When discussing this paper, I suggest that immersion is likely to require years of work. How do the various techniques relate to each other? My essay continues:
In practice, multiple techniques can all be employed, with each acting as a kind of check on the others. Contemporary linguistic intuitions can be checked against dictionary definitions to reveal possible anomalies. Dictionary definitions can be checked against the results of corpus linguistics and those results checked against the linguistic intuitions generated by partial immersion in the relevant linguistic world via written texts. When all these techniques converge on a single hypothesis regarding the conventional semantic meaning of a word or phrase, we would have strong evidence in favor of that meaning. When the techniques do not converge, then we would look for explanations for divergence.

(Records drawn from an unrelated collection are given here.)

-- ===== src/Compiler/Ownership/Balance/Receivers.antt =====
-- Receivers of calls, and calls without the resolved model, keep the books.
use stainless.Base.{
  ℕ, true, false, Option, none, some, List, [], ◌∷◌, All, ◌>>=◌, >>=-eq-some, get_elem?, inl, inr,
  Bool-cases,
}
use stainless.Compiler.Diagnostic.{Span}
use stainless.Compiler.Types.{is_copyable}
use stainless.Compiler.Resolution.Calls.{CallStyle, method, Receiver, shared, mutable, value}
use stainless.Compiler.Resolution.Model.{StructReceiver}
use stainless.Compiler.Ownership.State.{Loan}
use stainless.Compiler.Ownership.Analyzer.{Usage, read, borrow_shared, borrow_mutable}
use stainless.Compiler.Ownership.Accounting.Moves.{to_list}
use stainless.Compiler.Ownership.Walk.{
  Walker, state_of, use_binding, move_binding, lend_temporarily,
}
use stainless.Compiler.Ownership.Walk.Arguments.{Walked, borrow_of}
use stainless.Compiler.Ownership.Walk.Receivers.{
  CalleeShape, field_callee, qualified_name, other_callee, CallSyntax, call_receiver, returned,
  origin, Answer, first, walk_option, move_named, move_call, join_named, join_call, borrow_option,
  borrow_and_return, with_receiver_loan, callback_option, use_option, receiver_walk, receiver_loan,
  native_receiver, receiver_mode, native_receiver_loan,
}
use stainless.Compiler.Ownership.Balance.{
  Held, with_loans, IsSound, Kept, Keeps, KeepsWith, some-Kept, bind-Kept,
}
use stainless.Compiler.Ownership.Balance.Operations.{
  Lent, use_binding-Keeps, move_binding-Keeps, lend_temporarily-Lent, give_back_option-Keeps,
}
use stainless.Compiler.Ownership.Balance.Arguments.{
  WalkKeeps, WriteKeeps, WalkedKeeps, callback_walk-Keeps,
}

abbrev pub OptionKeeps : Option Walked → Type 0
OptionKeeps none = Unit
OptionKeeps (some e) = WalkedKeeps e

pub record SyntaxKeeps (c : CallSyntax) : Type 0 where
  pub callee : WalkKeeps c.callee_walk
  pub receiver : OptionKeeps (call_receiver c.shape)
  pub arguments : All WalkedKeeps c.arguments

pub first-Keeps :
    (arguments : List Walked) → All WalkedKeeps arguments → OptionKeeps (first arguments)
first-Keeps [] k = tt
first-Keeps (a ∷ rest) (one, k) = one

-- A walk whose answer is the origin, none or the same.
pub map-Kept {ℓ κ} :
    {R : Type ℓ} {S : Type κ} (f : R → S) (m : Option (Walker × R)) {held : Held}
    → KeepsWith held m
    → KeepsWith held (m >>= λ r. some (r.0, f r.1))
map-Kept f m k = bind-Kept m _ k (λ r s. some-Kept (r.0, f r.1) s)

pub with-Kept {κ} :
    {S : Type κ} (x : S) (m : Option Walker) {held : Held}
    → Keeps held m
    → KeepsWith held (m >>= λ w. some (w, x))
with-Kept x m k = bind-Kept m _ k (λ w s. some-Kept (w, x) s)

pub drop-Kept {ℓ} :
    {R : Type ℓ} (m : Option (Walker × R)) {held : Held}
    → KeepsWith held m
    → Keeps held (m >>= λ r. some r.0)
drop-Kept m k = bind-Kept m _ k (λ r s. some-Kept r.0 s)

pub walk_option-Keeps :
    (usage : Usage) (e : Option Walked)
    → OptionKeeps e
    → (w : Walker) (held : Held) → IsSound w held
    → KeepsWith held (walk_option usage e w)
unfolding walk_option
walk_option-Keeps usage none k w held s = some-Kept (w, none) s
walk_option-Keeps usage (some e) k w held s = k.walks usage w held s

abbrev pub AnswerKeeps : (Walker → Answer) → Type 0
AnswerKeeps f = (w : Walker) (held : Held) → IsSound w held → KeepsWith held (f w)

move_named-Keeps :
    (id : Option ℕ) (argument span : Span) → AnswerKeeps (move_named id argument span)
unfolding move_named
move_named-Keeps none argument span w held s = some-Kept (w, returned) s
move_named-Keeps (some id) argument span w held s = record {
  kept = λ r e.
      let (b, _, h) = >>=-eq-some (get_elem? (state_of w).bindings id) _ e in
      elim (Bool-cases (is_copyable b.ty)) [
        | inl copied ↦
            (with-Kept (origin none) (use_binding id read argument w)
                (use_binding-Keeps id read argument w s)).kept
              r (rw copied at h)
        | inr moved ↦
            (with-Kept (origin none) (move_binding id span w) (move_binding-Keeps id span w s)).kept
              r (rw moved at h)
      ];
}

pub move_call-Keeps :
    (argument : Option Walked) (span : Span) → AnswerKeeps (move_call argument span)
unfolding move_call
move_call-Keeps none span w held s = some-Kept (w, returned) s
move_call-Keeps (some e) span w held s =
    move_named-Keeps (e.named (state_of w)) e.span span w held s

join_named-Keeps :
    (id : Option ℕ) (receiver : Walked) (span : Span)
    → WalkedKeeps receiver
    → AnswerKeeps (join_named id receiver span)
unfolding join_named
join_named-Keeps none receiver span k w held s =
    map-Kept (λ r. origin none) (receiver.walk read w) (k.walks read w held s)
join_named-Keeps (some id) receiver span k w held s =
    with-Kept (origin none) (move_binding id span w) (move_binding-Keeps id span w s)

pub join_call-Keeps :
    (receiver : Option Walked) (span : Span)
    → OptionKeeps receiver
    → AnswerKeeps (join_call receiver span)
unfolding join_call
join_call-Keeps none span k w held s = some-Kept (w, returned) s
join_call-Keeps (some e) span k w held s = join_named-Keeps (e.named (state_of w)) e span k w held s

borrow_option-Lent :
    (e : Option Walked)
    → OptionKeeps e
    → (w : Walker) (held : Held) → IsSound w held
    → Lent held (borrow_option e w)
unfolding borrow_option
borrow_option-Lent none k w held s = some-Kept (w, none) s
borrow_option-Lent (some e) k w held s =
    bind-Kept (e.walk borrow_shared w) _ (k.walks borrow_shared w held s)
      (λ r s'. lend_temporarily-Lent r.1 false e.span r.0 s')

pub borrow_and_return-Keeps : (e : Option Walked) → OptionKeeps e → WriteKeeps (borrow_and_return e)
unfolding borrow_and_return
borrow_and_return-Keeps e k w held s =
    bind-Kept (borrow_option e w) _ (borrow_option-Lent e k w held s)
      (λ r s'. give_back_option-Keeps r.1 r.0 s')

pub with_receiver_loan-Keeps :
    (usage : Usage) (e : Option Walked) (arguments : List Walked)
    → OptionKeeps e
    → All WalkedKeeps arguments
    → WriteKeeps (with_receiver_loan usage e arguments)
unfolding with_receiver_loan
with_receiver_loan-Keeps usage e arguments k all w held s =
    bind-Kept (borrow_option e w) _ (borrow_option-Lent e k w held s) (λ r s'.
      bind-Kept (walk_option usage (first arguments) r.0) _
        (walk_option-Keeps usage (first arguments) (first-Keeps arguments all) r.0 _ s')
        (λ v s''. give_back_option-Keeps r.1 v.0 s''))

pub callback_option-Keeps : (e : Option Walked) → OptionKeeps e → WriteKeeps (callback_option e)
unfolding callback_option
callback_option-Keeps none k w held s = some-Kept w s
callback_option-Keeps (some e) k w held s = callback_walk-Keeps e k w held s

use_option-Keeps :
    (id : Option ℕ) (usage : Usage) (span : Span) → WriteKeeps (use_option id usage span)
unfolding use_option
use_option-Keeps none usage span w held s = some-Kept w s
use_option-Keeps (some id) usage span w held s = use_binding-Keeps id usage span w s

receiver_walk-Keeps :
    (usage : Usage) (shape : CalleeShape) (span : Span)
    → OptionKeeps (call_receiver shape)
    → (w : Walker) (held : Held) → IsSound w held
    → KeepsWith held (receiver_walk usage shape span w)
unfolding receiver_walk
receiver_walk-Keeps usage (field_callee e) span k w held s =
    map-Kept (λ o. (o, e.span)) (e.walk usage w) (k.walks usage w held s)
receiver_walk-Keeps usage qualified_name span k w held s =
    with-Kept (w.receiver_binding, span) (use_option w.receiver_binding usage span w)
      (use_option-Keeps w.receiver_binding usage span w held s)
receiver_walk-Keeps usage other_callee span k w held s = some-Kept (w, (none, span)) s

pub receiver_loan-Kept :
    (receiver : Option StructReceiver) (shape : CalleeShape) (span : Span)
    → OptionKeeps (call_receiver shape)
    → (w : Walker) (held : Held) → IsSound w held
    → Kept
        (λ (r : Walker × (Option Loan × Option ℕ)). r.0)
        (λ r. with_loans (to_list r.1.0) held)
        (receiver_loan receiver shape span w)
unfolding receiver_loan
receiver_loan-Kept none shape span k w held s = some-Kept (w, (none, none)) s
receiver_loan-Kept (some receiver) shape span k w held s =
    bind-Kept (receiver_walk (borrow_of receiver.mutable) shape span w) _
      (receiver_walk-Keeps (borrow_of receiver.mutable) shape span k w held s)
      (λ r s'.
        bind-Kept (lend_temporarily r.1.0 receiver.mutable r.1.1 r.0) _
          (lend_temporarily-Lent r.1.0 receiver.mutable r.1.1 r.0 s')
          (λ l s''. some-Kept (l.0, (l.1, r.1.0)) s''))

native_receiver-Lent :
    (mode : Receiver) (e : Walked)
    → WalkedKeeps e
    → (w : Walker) (held : Held) → IsSound w held
    → Lent held (native_receiver mode e w)
unfolding native_receiver
native_receiver-Lent shared e k w held s =
    bind-Kept (e.walk borrow_shared w) _ (k.walks borrow_shared w held s)
      (λ r s'. lend_temporarily-Lent r.1 false e.span r.0 s')
native_receiver-Lent mutable e k w held s =
    bind-Kept (e.walk borrow_mutable w) _ (k.walks borrow_mutable w held s)
      (λ r s'. lend_temporarily-Lent r.1 true e.span r.0 s')
native_receiver-Lent value e k w held s =
    bind-Kept (e.walk read w) _ (k.walks read w held s) (λ r s'. some-Kept (r.0, none) s')

pub native_receiver_loan-Lent :
    (style : CallStyle) (mode : Option Receiver) (shape : CalleeShape)
    → OptionKeeps (call_receiver shape)
    → (w : Walker) (held : Held) → IsSound w held
    → Lent held (native_receiver_loan style mode shape w)
unfolding native_receiver_loan
native_receiver_loan-Lent method mode (field_callee e) k w held s =
    native_receiver-Lent (receiver_mode mode) e k w held s
native_receiver_loan-Lent _ mode _ k w held s = some-Kept (w, none) s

One tentative thought I have is that no one of the various techniques for the recovery of communicative content is sufficient. For example, I think it is likely that historians using the technique of immersion will benefit from the rigorous methods of corpus linguistics. This thought is suggested by the fact that the best contemporary lexicography uses corpus linguistics, but contemporary lexicographers are competent speakers of the language they are studying. Moreover, it seems likely that the best overall understanding will emerge a division of intellectual labor. Some scholars may specialize in corpus linguistics, whereas others may employ immersion. Yet other scholars may specialize in synthesizing original research done by specialists.
There is another important point about the role of immersion in the context of contemporary debates about constitutional originalism. Translation requires more than competence in conceptual world of the "object language"--in the case of the unamended Constitution, late eighteenth-century American English. It also requires competence in the conceptual world of the language into which the translation occurs. This means that historical study of the constitutional text requires competence in the conceptual world of contemporary constitutional law and constitutional theory.
I look forward to further discussion with Barnett, Gienapp, Ramsey and others on these deeply interesting topics.